Just daft apparently. With crocodiles. One view:
"This last scene, of course, is the ecstatic love duet between Siegfried, our rambunctious hero (who, by the way, instead of forging a sword assembles a semiautomatic rifle), and the smitten Brünnhilde. In this production, at the most climactic moment in the music, the stage rotated to reveal two of those monster crocodiles busily copulating. Looking hungry after sex, the squiggling reptiles, their jaws flapping, headed toward Siegfried and Brünnhilde, who were singing away.
"As the reptiles crawled closer, the Forest Bird, presented here as an alluring young woman (the soprano Mirella Hagen), burst upon the stage to save the day.
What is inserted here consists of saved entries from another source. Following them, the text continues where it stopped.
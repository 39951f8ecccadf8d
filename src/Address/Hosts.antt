-- ===== src/Address/Hosts.antt =====
-- The host of an address or of a URL, in brackets if it is a literal, is read as it is written.
use mathlib.Core.Bool.{false≢true}
use etransfer.Common.{
  ℕ, Bool, true, false, [], ◌∷◌, some, Bytes, length, not, ◌==◌, ◌≡◌, refl, arith, Bool-cases, inl,
  inr, ==_iff, sym, ◌∙◌, subst,
}
use etransfer.Text.{is_digit}
use etransfer.Proxy.{all_bytes}
use etransfer.Address.{
  occurs, in_brackets, bracket, is_hex_byte, some_of, optional_part, behind_literal, unbracket,
}
use etransfer.Command.Parts.{take_while-end, drop_while-end}

pub occurs-none :
    (p : ℕ → Bool) (d : ℕ) (s : Bytes) → all_bytes p s ≡ true → p d ≡ false → occurs d s ≡ false
unfolding occurs all_bytes
occurs-none p d [] h e = refl
occurs-none p d (c ∷ s) h e = elim (Bool-cases (c == d)) [
  | inl same ↦
      absurd
        (false≢true (sym e ∙ subst (λ x. p x ≡ true) ((==_iff c d).0 same) (ground (arith, h))))
  | inr other ↦ let rest = occurs-none p d s (ground (arith, h)) e in rw (other) rest
]

-- A host that consists of bytes of a kind without colon, slash and percent sign is written as it is.
pub bracket-name :
    (p : ℕ → Bool) (s : Bytes)
    → all_bytes p s ≡ true
    → p b':' ≡ false
    → p b'/' ≡ false
    → p b'%' ≡ false
    → bracket s ≡ s
unfolding bracket
bracket-name p [] h a b c = refl
bracket-name p (d ∷ s) h a b c =
    let x = occurs-none p b':' (d ∷ s) h a in
    let y = occurs-none p b'/' (d ∷ s) h b in
    let z = occurs-none p b'%' (d ∷ s) h c in rw (bracket, x, y, z) refl

hex-no_bracket : (d : ℕ) → is_hex_byte d ≡ true → (d == b'[') ≡ false
unfolding is_hex_byte is_digit
hex-no_bracket d h = ground (arith, h)

-- A text of hexadecimal digits and colons, with a colon, is written in brackets.
pub bracket-literal :
    (s : Bytes) → all_bytes is_hex_byte s ≡ true → occurs b':' s ≡ true → bracket s ≡ in_brackets s
unfolding bracket all_bytes occurs
bracket-literal [] h colon = absurd (false≢true colon)
bracket-literal (d ∷ s) h colon =
    let start : (d == b'[') ≡ false = hex-no_bracket d (ground (arith, h)) in
    rw (bracket, colon, start) refl

pub some_of-all :
    (p : ℕ → Bool) (c : ℕ) (s : Bytes)
    → all_bytes p (c ∷ s) ≡ true
    → some_of p (length (c ∷ s)) (c ∷ s) ≡ some []
unfolding some_of
some_of-all p c s h =
    rw (some_of, take_while-end p (c ∷ s) h, drop_while-end p (c ∷ s) h) (ground arith)

pub behind_literal-hex :
    (p : ℕ → Bool) (c : ℕ) (s : Bytes)
    → all_bytes p (c ∷ s) ≡ true
    → behind_literal p (c ∷ s) ≡ some []
unfolding behind_literal optional_part
behind_literal-hex p c s h = rw (behind_literal, some_of-all p c s h) refl

pub unbracket-hex :
    (c : ℕ) (s : Bytes) → all_bytes is_hex_byte (c ∷ s) ≡ true → unbracket (c ∷ s) ≡ c ∷ s
unfolding unbracket
unbracket-hex c s h = rw (unbracket, behind_literal-hex is_hex_byte c s h) refl

pub hex-inside :
    (s : Bytes) → all_bytes is_hex_byte s ≡ true → all_bytes (λ c. not (c == b']')) s ≡ true
unfolding all_bytes is_hex_byte is_digit
hex-inside [] h = refl
hex-inside (c ∷ s) h =
    let rest : all_bytes (λ c. not (c == b']')) s ≡ true = hex-inside s (ground (arith, h)) in
    ground (arith, h, rest)
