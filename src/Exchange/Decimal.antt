-- ===== src/Exchange/Decimal.antt =====
-- The numbers in the headers that sendFile and getFile write.
use etransfer.Common.{
  ℕ, zero, suc, ◌+◌, ◌-◌, ◌*◌, ◌/◌, ◌%◌, ◌^◌, ◌<◌, ◌≡◌, refl, ap, ◌∙◌, true, [], ◌∷◌, Bytes, some,
  Bool, ltb, ◌&&◌, Bool-cases, inl, inr, arith, lt→ltb, ltb→lt, ltb→le,
}
use etransfer.Text.{is_digit}
use etransfer.DevZero.{digits_value, stoull}
use etransfer.Exchange.{print_digits, print_ℕ}

-- Every byte is a digit.
abbrev pub are_digits : Bytes → Bool
are_digits [] = true
are_digits (c ∷ s) = is_digit c && are_digits s

pub digits_value-print_digits :
    (fuel n : ℕ) (rest : Bytes)
    → n < fuel
    → digits_value 0 (print_digits fuel n rest) ≡ digits_value n rest
unfolding digits_value print_digits
digits_value-print_digits zero n rest h = absurd (omega arith)
digits_value-print_digits (suc fuel) n rest h = elim (Bool-cases (ltb n 10)) [
  | inl small ↦
      let value : 0 + ((b'0' + n) - b'0') ≡ n = omega arith in
      rw (print_digits, small) (ap (λ m. digits_value m rest) value)
  | inr large ↦
      let le = ltb→le n 10 large in
      let value : (n / 10) * 10 + ((b'0' + n % 10) - b'0') ≡ n = omega arith in
      rw (print_digits, large)
        (digits_value-print_digits fuel (n / 10) ((b'0' + n % 10) ∷ rest) (omega (arith, le))
          ∙ ap (λ m. digits_value m rest) value)
]

pub print_digits-digits :
    (fuel n : ℕ) (rest : Bytes)
    → n < fuel
    → are_digits rest ≡ true
    → are_digits (print_digits fuel n rest) ≡ true
unfolding print_digits is_digit
print_digits-digits zero n rest h d = absurd (omega arith)
print_digits-digits (suc fuel) n rest h d = elim (Bool-cases (ltb n 10)) [
  | inl small ↦ rw (print_digits, small) (ground (arith, d, ltb→lt n 10 small))
  | inr large ↦
      let le = ltb→le n 10 large in
      rw (print_digits, large)
        (print_digits-digits fuel (n / 10) ((b'0' + n % 10) ∷ rest) (omega (arith, le))
          (ground (arith, d)))
]

stoull-digits_value : (s : Bytes) (n : ℕ) → digits_value 0 s ≡ n → n < 2 ^ 64 → stoull s ≡ some n
unfolding stoull
stoull-digits_value s n e h = rw (stoull, e, lt→ltb n (2 ^ 64) h) refl

pub digits_value-print_ℕ : (n : ℕ) → digits_value 0 (print_ℕ n) ≡ n
unfolding print_ℕ digits_value
digits_value-print_ℕ n = digits_value-print_digits (suc n) n [] (omega arith)

-- The decimal text that is written for a number below 2 ^ 64 holds digits only, and stoull reads it
-- as that number.
pub stoull-print_ℕ :
    (n : ℕ) → n < 2 ^ 64 → (are_digits (print_ℕ n) ≡ true) × (stoull (print_ℕ n) ≡ some n)
unfolding print_ℕ digits_value
stoull-print_ℕ n h = (
  print_digits-digits (suc n) n [] (omega arith) refl,
  stoull-digits_value (print_ℕ n) n (digits_value-print_digits (suc n) n [] (omega arith)) h,
)
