-- ===== src/Command/Numbers.antt =====
-- The numbers in commands and replies are read as they are written.
use etransfer.Common.{
  ℕ, zero, suc, ◌+◌, ◌/◌, ◌%◌, ◌^◌, ◌<◌, ◌≡◌, refl, inl, inr, true, false, [], ◌∷◌, some, Bytes,
  arith, ltb, ltb→le, ltb→lt, lt→ltb, ◌==◌, Bool-cases,
}
use etransfer.Common.Int.{pos}
use etransfer.Text.{is_space, is_digit}
use etransfer.DevZero.{digits_value}
use etransfer.Exchange.{print_digits, print_ℕ}
use etransfer.Exchange.Decimal.{digits_value-print_digits}
use etransfer.Proxy.{all_bytes, off_of}
use etransfer.Command.{not_space}
use etransfer.Command.Parts.{is_field}

digit-visible : (c : ℕ) → is_digit c ≡ true → not_space c ≡ true
unfolding is_digit is_space
digit-visible c h = ground (arith, h)

print_digits-field :
    (fuel n : ℕ) (rest : Bytes)
    → n < fuel
    → all_bytes is_digit rest ≡ true
    → is_field is_digit (print_digits fuel n rest) ≡ true
unfolding print_digits all_bytes is_digit is_space
print_digits-field zero n rest h d = absurd (omega arith)
print_digits-field (suc fuel) n rest h d = elim (Bool-cases (ltb n 10)) [
  | inl small ↦ rw (print_digits, small) (ground (arith, d, ltb→lt n 10 small))
  | inr large ↦
      let le = ltb→le n 10 large in
      rw (print_digits, large)
        (print_digits-field fuel (n / 10) ((b'0' + n % 10) ∷ rest) (omega (arith, le))
          (ground (arith, d)))
]

pub print_ℕ-field : (n : ℕ) → is_field is_digit (print_ℕ n) ≡ true
unfolding print_ℕ all_bytes
print_ℕ-field n = print_digits-field (suc n) n [] (omega arith) refl

off_of-digits :
    (s : Bytes) (n : ℕ)
    → is_field is_digit s ≡ true
    → digits_value 0 s ≡ n
    → n < 2 ^ 63
    → off_of s ≡ some (pos n)
unfolding off_of all_bytes is_digit
off_of-digits [] n d e h = absurd (ground (arith, d))
off_of-digits (c ∷ s) n d e h =
    let no_minus : (c == b'-') ≡ false = ground (arith, d) in
    rw (off_of, no_minus, e, lt→ltb n (2 ^ 63) h) refl

-- A number below 2 ^ 63 is read as it was written.
pub off_of-print_ℕ : (n : ℕ) → n < 2 ^ 63 → off_of (print_ℕ n) ≡ some (pos n)
unfolding print_ℕ digits_value
off_of-print_ℕ n h =
    off_of-digits (print_ℕ n) n (print_ℕ-field n)
      (digits_value-print_digits (suc n) n [] (omega arith)) h
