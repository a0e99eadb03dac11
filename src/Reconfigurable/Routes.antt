-- ===== src/Reconfigurable/Routes.antt =====
-- TopologyManager::precomputeRoutes of reconfigurable/network/TopologyManager.cpp: a breadth-first
-- search from every device over the links that have bandwidth. The matrices are n × n, which is
-- tested first, so no reading of them is out of range.
pub mod Relax
pub mod Round
pub mod Loop
pub mod Shortest
pub mod Matrix
pub mod Table
use astra_network_analytical.Base.{
  ℕ, zero, suc, ◌+◌, Bool, true, false, not, List, [], ◌∷◌, ◌++◌, length, get_or, set, replicate,
  Option, none, some, ◌==◌, if◌then◌else◌, ◌&&◌, Outcome, Error, ok, fail, ◌>>=◌, ◌>>◌, check,
  unfinished,
}
use astra_network_analytical.Double.{Double, nought}

-- The adjacency lists; each has its devices in increasing order and once, so that `sort` and
-- `unique` leave it as it is.
abbrev pub Graph : Type 0
Graph = List (List ℕ)

abbrev pub targets : Graph → ℕ → List ℕ
targets adj u = get_or adj u []

module _ {W : Type 0} ⦃d : Double W⦄ where
  -- The devices j with bandwidths[i][j] > 0 and i ≠ j, from the rest of row i, which begins at j.
  unfoldable pub row_targets : ℕ → ℕ → List W → List ℕ
  row_targets i j [] = []
  row_targets i j (bandwidth ∷ row) =
      let rest = row_targets i (suc j) row in
      if not (i == j) && d.lt nought bandwidth then j ∷ rest else rest

  unfoldable pub adjacency : ℕ → List (List W) → Graph
  unfolding row_targets
  adjacency i [] = []
  adjacency i (row ∷ rows) = row_targets i 0 row ∷ adjacency (suc i) rows

  -- Every row has n entries.
  abbrev pub has_width : ℕ → List (List W) → Bool
  has_width n [] = true
  has_width n (row ∷ rows) = length row == n && has_width n rows

-- const int INF = 1e9
abbrev pub inf : ℕ
inf = 1_000_000_000

-- The vectors `dist` and `parent`, in which `none` is -1, and the queue `q`.
pub record Search : Type 0 where
  pub dist : List ℕ
  pub parent : List (Option ℕ)
  pub queue : List ℕ

abbrev pub dist_of : Search → ℕ → ℕ
dist_of s v = get_or s.dist v inf

abbrev pub parent_of : Search → ℕ → Option ℕ
parent_of s v = get_or s.parent v none

-- BFS init
unfoldable pub init : ℕ → ℕ → Search
init n s = record { dist = set (replicate n inf) s 0; parent = replicate n none; queue = s ∷ [] }

-- The body of the loop over adj[u].
unfoldable pub relax : ℕ → Search → ℕ → Search
relax u s v =
    if dist_of s v == inf
    then record {
      dist = set s.dist v (dist_of s u + 1);
      parent = set s.parent v (some u);
      queue = s.queue ++ v ∷ [];
    }
    else s

unfoldable pub relax_all : ℕ → Search → List ℕ → Search
unfolding relax
relax_all u s [] = s
relax_all u s (v ∷ vs) = relax_all u (relax u s v) vs

-- while (!q.empty()), on fuel.
unfoldable pub search_loop : Graph → ℕ → Search → Outcome Search
unfolding relax_all
search_loop adj zero s = elim s.queue [ [] ↦ ok s | _ ∷ _ ↦ fail unfinished ]
search_loop adj (suc fuel) s = elim s.queue [
  | [] ↦ ok s
  | u ∷ rest ↦ search_loop adj fuel (relax_all u (record s { queue = rest }) (targets adj u))
]

-- for (cur = t; cur != -1; cur = parent[cur]), with the devices behind `path`, in order.
unfoldable pub trace : ℕ → List (Option ℕ) → Option ℕ → List ℕ → Outcome (List ℕ)
trace fuel parent none path = ok path
trace zero parent (some cur) path = fail unfinished
trace (suc fuel) parent (some cur) path = trace fuel parent (get_or parent cur none) (cur ∷ path)

abbrev pub is_none : Option ℕ → Bool
is_none none = true
is_none (some a) = false

-- precomputed_routes[s][t], with n devices.
unfoldable pub route_to : ℕ → Search → ℕ → ℕ → Outcome (List ℕ)
unfolding trace
route_to n found s t =
    if s == t
    then ok (s ∷ [])
    else if is_none (parent_of found t)
    then ok (s ∷ t ∷ [])
    else trace n found.parent (some t) []

-- precomputed_routes[s][t] for k values of t.
unfoldable pub routes_to_all : ℕ → Search → ℕ → ℕ → ℕ → Outcome (List (List ℕ))
unfolding route_to
routes_to_all n found s zero t = ok []
routes_to_all n found s (suc k) t = do
  route ← route_to n found s t
  routes ← routes_to_all n found s k (suc t)
  ok (route ∷ routes)

-- One round of the loop over s. The search takes n rounds, one for each device in the queue.
unfoldable pub routes_from : Graph → ℕ → ℕ → Outcome (List (List ℕ))
unfolding init search_loop routes_to_all
routes_from adj n s = do found ← search_loop adj n (init n s); routes_to_all n found s n 0

-- for k values of s.
unfoldable pub routes_from_all : Graph → ℕ → ℕ → ℕ → Outcome (List (List (List ℕ)))
unfolding routes_from
routes_from_all adj n zero s = ok []
routes_from_all adj n (suc k) s = do
  routes ← routes_from adj n s
  rest ← routes_from_all adj n k (suc s)
  ok (routes ∷ rest)

module _ {W : Type 0} ⦃d : Double W⦄ where
  unfoldable pub precompute_routes : ℕ → List (List W) → Outcome (List (List (List ℕ)))
  unfolding adjacency routes_from_all
  precompute_routes n bandwidths = do
    check (length bandwidths == n && has_width n bandwidths) Error.undefined
    routes_from_all (adjacency 0 bandwidths) n n 0
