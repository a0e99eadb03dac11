-- ===== src/Reconfigurable/Manager/Drain.antt =====
-- reconfigurable/network/TopologyManager.cpp, but for its requests: the construction and draining.
use astra_network_analytical.Base.{
  ℕ, zero, suc, ◌-◌, ◌*◌, Bool, true, false, not, List, [], ◌∷◌, get_elem?, replicate, none, some,
  ltb, leb, ◌==◌, if◌then◌else◌, Outcome, Error, ok, ◌>>=◌, ◌>>◌, assert, or_fail,
}
use astra_network_analytical.Base.Int.{ℤ, pos, negsuc}
use astra_network_analytical.Double.{Double, nought}
use astra_network_analytical.Reconfigurable.State.{
  Device, TopologyManager, Network, World, device_at, with_device,
}
use astra_network_analytical.Reconfigurable.Device
use astra_network_analytical.Reconfigurable.Device.{connected, get_link, transmit}
use astra_network_analytical.Reconfigurable.Topology
use astra_network_analytical.Reconfigurable.Topology.{new_topology}

module _ {W : Type 0} where
  abbrev pub manager_of : World W → TopologyManager W
  manager_of w = w.state.manager

  abbrev pub with_manager : World W → TopologyManager W → World W
  with_manager w m = record w { state = record (w.state) { manager = m } }

  abbrev pub with_drained : World W → ℕ → World W
  with_drained w n = record w { state = record (w.state) { num_drained_links = n } }

  unfoldable pub get_device : World W → ℕ → Outcome (Device W)
  unfolding Topology.get_device
  get_device w device_id = do
    assert (ltb device_id (manager_of w).devices_count)
    Topology.get_device (manager_of w).topology device_id

  abbrev pub is_reconfiguring : World W → Bool
  is_reconfiguring w = (manager_of w).reconfiguring

  abbrev pub set_cur_topo_id : World W → ℤ → World W
  set_cur_topo_id w topo_id = with_manager w (record (manager_of w) { cur_topo_id = topo_id })

  abbrev pub set_reconfig_latency : World W → W → World W
  set_reconfig_latency w latency =
      with_manager w (record (manager_of w) { reconfig_time = some latency })

  -- The public field, which the client counts up and down.
  abbrev pub set_inflight_coll : World W → ℤ → World W
  set_inflight_coll w count = with_manager w (record (manager_of w) { inflight_coll = count })

  -- The links that a drained network has drained.
  abbrev pub links_count : World W → ℕ
  links_count w = (manager_of w).devices_count * ((manager_of w).devices_count - 1)

  unfoldable pub route : World W → ℕ → ℕ → Outcome (List ℕ)
  unfolding Topology.get_device
  route w src dest = do
    assert (ltb src (manager_of w).npus_count)
    assert (ltb dest (manager_of w).npus_count)
    first ← Topology.get_device (manager_of w).topology src
    last ← Topology.get_device (manager_of w).topology dest
    ok (first.device_id ∷ last.device_id ∷ [])

module _ {W : Type 0} ⦃d : Double W⦄ where
  -- The static `num_drained_links` starts at 0, `drain_all_flow` at true.
  unfoldable pub new_topology_manager : ℕ → ℕ → List (ℤ × List (List W)) → Outcome (Network W)
  unfolding new_topology
  new_topology_manager npus_count devices_count circuit_schedules = do
    assert (ltb 0 npus_count)
    assert (ltb 0 devices_count)
    assert (leb npus_count devices_count)
    topology ← new_topology npus_count devices_count
    ok (record {
      manager = record {
        npus_count = npus_count;
        devices_count = devices_count;
        topology_iteration = 0;
        cur_topo_id = negsuc 0;
        reconfiguring = false;
        reconfig_time = none;
        topology = topology;
        bandwidths = replicate devices_count (replicate devices_count nought);
        latencies = replicate devices_count (replicate devices_count nought);
        precomputed_routes = [];
        circuit_schedules = circuit_schedules;
        inflight_coll = pos 0;
      };
      num_drained_links = 0;
      drain_all_flow = true;
    })

  -- The loop at the end of increment_callback, for n devices from place i.
  unfoldable pub reconfigure_devices : ℕ → ℕ → World W → Outcome (World W)
  unfolding Topology.get_device Device.reconfigure
  reconfigure_devices zero i w = ok w
  reconfigure_devices (suc n) i w = do
    device ← Topology.get_device (manager_of w).topology i
    bandwidths ← or_fail Error.undefined (get_elem? (manager_of w).bandwidths i)
    routes ← or_fail Error.undefined (get_elem? (manager_of w).precomputed_routes i)
    latencies ← or_fail Error.undefined (get_elem? (manager_of w).latencies i)
    reconfig_time ← or_fail Error.undefined (manager_of w).reconfig_time
    w' ← Device.reconfigure i bandwidths routes latencies reconfig_time w
    reconfigure_devices n (suc i) w'

  -- The network is drained: every device is reconfigured.
  unfoldable pub finish_draining : World W → Outcome (World W)
  unfolding reconfigure_devices
  finish_draining w =
      reconfigure_devices (manager_of w).devices_count 0
        (with_manager (with_drained w 0) (record (manager_of w) { reconfiguring = false }))

  unfoldable pub increment_callback : World W → Outcome (World W)
  unfolding finish_draining
  increment_callback w =
      if not (is_reconfiguring w)
      then ok (with_drained w 0)
      else if ltb (suc w.state.num_drained_links) (links_count w)
      then ok (with_drained w (suc w.state.num_drained_links))
      else finish_draining w

  -- The inner loop of drain_network: the links of device i to n devices from j.
  unfoldable pub drain_links : ℕ → ℕ → ℕ → World W → Outcome (World W)
  unfolding increment_callback get_link
  drain_links zero i j w = ok w
  drain_links (suc n) i j w = do
    w' ←
        (if i == j then ok w else (do
          device ← device_at w i
          link ← get_link device j
          if not link.busy then increment_callback w else ok w))
    drain_links n i (suc j) w'

  unfoldable pub drain_devices : ℕ → ℕ → World W → Outcome (World W)
  unfolding drain_links Topology.get_device
  drain_devices zero i w = ok w
  drain_devices (suc n) i w = do
    device ← Topology.get_device (manager_of w).topology i
    w' ←
        drain_links (manager_of w).devices_count i 0
          (with_device w i (record device { draining = true }))
    drain_devices n (suc i) w'

  unfoldable pub drain_network : World W → Outcome (World W)
  unfolding drain_devices
  drain_network w = drain_devices (manager_of w).devices_count 0 (with_drained w 0)
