-- ===== src/Reconfigurable/Manager.antt =====
-- The requests to the manager of reconfigurable/network/TopologyManager.cpp, and Device::link_become_free, which calls it back.
pub mod Drain
use astra_network_analytical.Base.{
  ℕ, zero, suc, ◌-◌, ◌*◌, Bool, true, false, not, ◌||◌, List, [], ◌∷◌, length, get_elem?, replicate,
  Option, none, some, ltb, leb, ◌==◌, if◌then◌else◌, Outcome, Error, ok, ◌>>=◌, ◌>>◌, assert,
  or_fail,
}
use astra_network_analytical.Base.Int.{ℤ, pos, negsuc, ltb_ℤ, eqb_ℤ}
use astra_network_analytical.Base.Maps.{find, put, find_or}
use astra_network_analytical.Double.{Double, nought}
use astra_network_analytical.Reconfigurable.State.{
  Chunk, Link, Device, TopologyManager, Network, World, device_at, with_device,
}
use astra_network_analytical.Reconfigurable.Chunk.{current_device, next_device, update_route}
use astra_network_analytical.Reconfigurable.Link.{set_free}
use astra_network_analytical.Reconfigurable.Device
use astra_network_analytical.Reconfigurable.Device.{connected, get_link, transmit}
use astra_network_analytical.Reconfigurable.Topology
use astra_network_analytical.Reconfigurable.Topology.{new_topology}
use astra_network_analytical.Reconfigurable.Routes.{has_width, precompute_routes}
unfoldable pub use astra_network_analytical.Reconfigurable.Manager.Drain.{
  manager_of, with_manager, with_drained, get_device, is_reconfiguring, set_cur_topo_id,
  set_reconfig_latency, set_inflight_coll, links_count, route, new_topology_manager,
  reconfigure_devices, finish_draining, increment_callback, drain_links, drain_devices,
  drain_network,
}

module _ {W : Type 0} ⦃d : Double W⦄ where
  -- The request is taken: what `reconfigure` sets, behind its checks.
  abbrev pub accept_request :
      TopologyManager W
      → List (List W)
      → List (List W)
      → W
      → ℤ
      → List (List (List ℕ))
      → TopologyManager W
  accept_request m bandwidths latencies reconfig_time topo_id routes = record m {
    bandwidths = bandwidths;
    latencies = latencies;
    reconfig_time = some reconfig_time;
    precomputed_routes = routes;
    reconfiguring = true;
    cur_topo_id = topo_id;
    topology_iteration = suc m.topology_iteration;
  }

  unfoldable pub reconfigure :
      List (List W) → List (List W) → W → ℤ → World W → Outcome (Bool × World W)
  unfolding precompute_routes drain_network
  reconfigure bandwidths latencies reconfig_time topo_id w =
      let m = manager_of w in
      if eqb_ℤ topo_id m.cur_topo_id
      then ok (true, w)
      else if m.reconfiguring || ltb_ℤ (pos 0) m.inflight_coll
      then ok (false, w)
      else (do
        assert (length bandwidths == m.devices_count)
        assert (length latencies == m.devices_count)
        assert (has_width m.devices_count bandwidths)
        assert (has_width m.devices_count latencies)
        routes ← precompute_routes m.devices_count bandwidths
        w' ←
            drain_network
              (with_manager w (accept_request m bandwidths latencies reconfig_time topo_id routes))
        ok (true, w'))

  -- `circuit_schedules.find`
  unfoldable pub find_schedule : ℤ → List (ℤ × List (List W)) → Option (List (List W))
  find_schedule topo_id [] = none
  find_schedule topo_id ((id, schedule) ∷ rest) =
      if eqb_ℤ id topo_id then some schedule else find_schedule topo_id rest

  -- The overload with an id alone. It passes on the reconfiguration time that was set before.
  unfoldable pub reconfigure_to : ℤ → World W → Outcome (Bool × World W)
  unfolding find_schedule reconfigure
  reconfigure_to topo_id w = do
    schedule ← or_fail Error.exited (find_schedule topo_id (manager_of w).circuit_schedules)
    reconfig_time ← or_fail Error.undefined (manager_of w).reconfig_time
    reconfigure schedule (manager_of w).latencies reconfig_time topo_id w

  -- A chunk of iteration -1 gets its route and its iteration when it is sent.
  unfoldable pub with_route : ℕ → Chunk → World W → Outcome Chunk
  unfolding route
  with_route src chunk w =
      if eqb_ℤ chunk.topology_iteration (negsuc 0)
      then (do
        dest ← next_device chunk
        new_route ← route w src dest
        ok (update_route chunk new_route (pos (manager_of w).topology_iteration)))
      else ok chunk

  unfoldable pub send : Chunk → World W → Outcome (World W)
  unfolding with_route Topology.send
  send chunk w = do
    src ← current_device chunk
    assert (ltb src (manager_of w).devices_count)
    routed ← with_route src chunk w
    _ ← next_device routed
    Topology.send routed w

  -- Device::link_become_free, on the chunks that wait for the link to `link_id` of device i.
  unfoldable pub serve_pending :
      ℕ → ℕ → Device W → Link W → List Chunk → World W → Outcome (World W)
  unfolding increment_callback transmit put
  serve_pending i link_id device link [] w =
      if w.state.drain_all_flow then increment_callback w else ok w
  serve_pending i link_id device link (chunk ∷ rest) w =
      if ltb_ℤ (pos device.topology_iteration) chunk.topology_iteration
      then (if w.state.drain_all_flow then increment_callback w else ok w)
      else transmit i link_id
          (record device { pending_chunks = put link_id rest device.pending_chunks }) link chunk w

  unfoldable pub become_free : ℕ → ℕ → World W → Outcome (World W)
  unfolding serve_pending find put
  become_free i link_id w = do
    device ← device_at w i
    link ← or_fail Error.undefined (find link_id device.links)
    let freed = record device { links = put link_id (set_free link) device.links }
    serve_pending i link_id freed (set_free link) (find_or [] link_id device.pending_chunks)
        (with_device w i freed)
Of course, the Forest Bird was not supposed to be in this scene, but who cares what Wagner wrote? This fetching Forest Bird bravely fought off one crocodile by jabbing a pole down its throat. But the other one opened wide and swallowed her whole. Throughout, Siegfried and Brünnhilde seemed only mildly concerned. But then, in Mr. Castorf's staging, they also seemed only mildly concerned with each other, a much bigger problem."

When Frank Castorf appeared on the Bayreuth stage at the end of this farce, he was treated to a ten-minute outburst of booing. He stood there, indifferent and perhaps satisfied. One of the joys of being avant garde in Germany is that one can insult the bourgeoisie who pay for the pleasure of being treated with such contempt.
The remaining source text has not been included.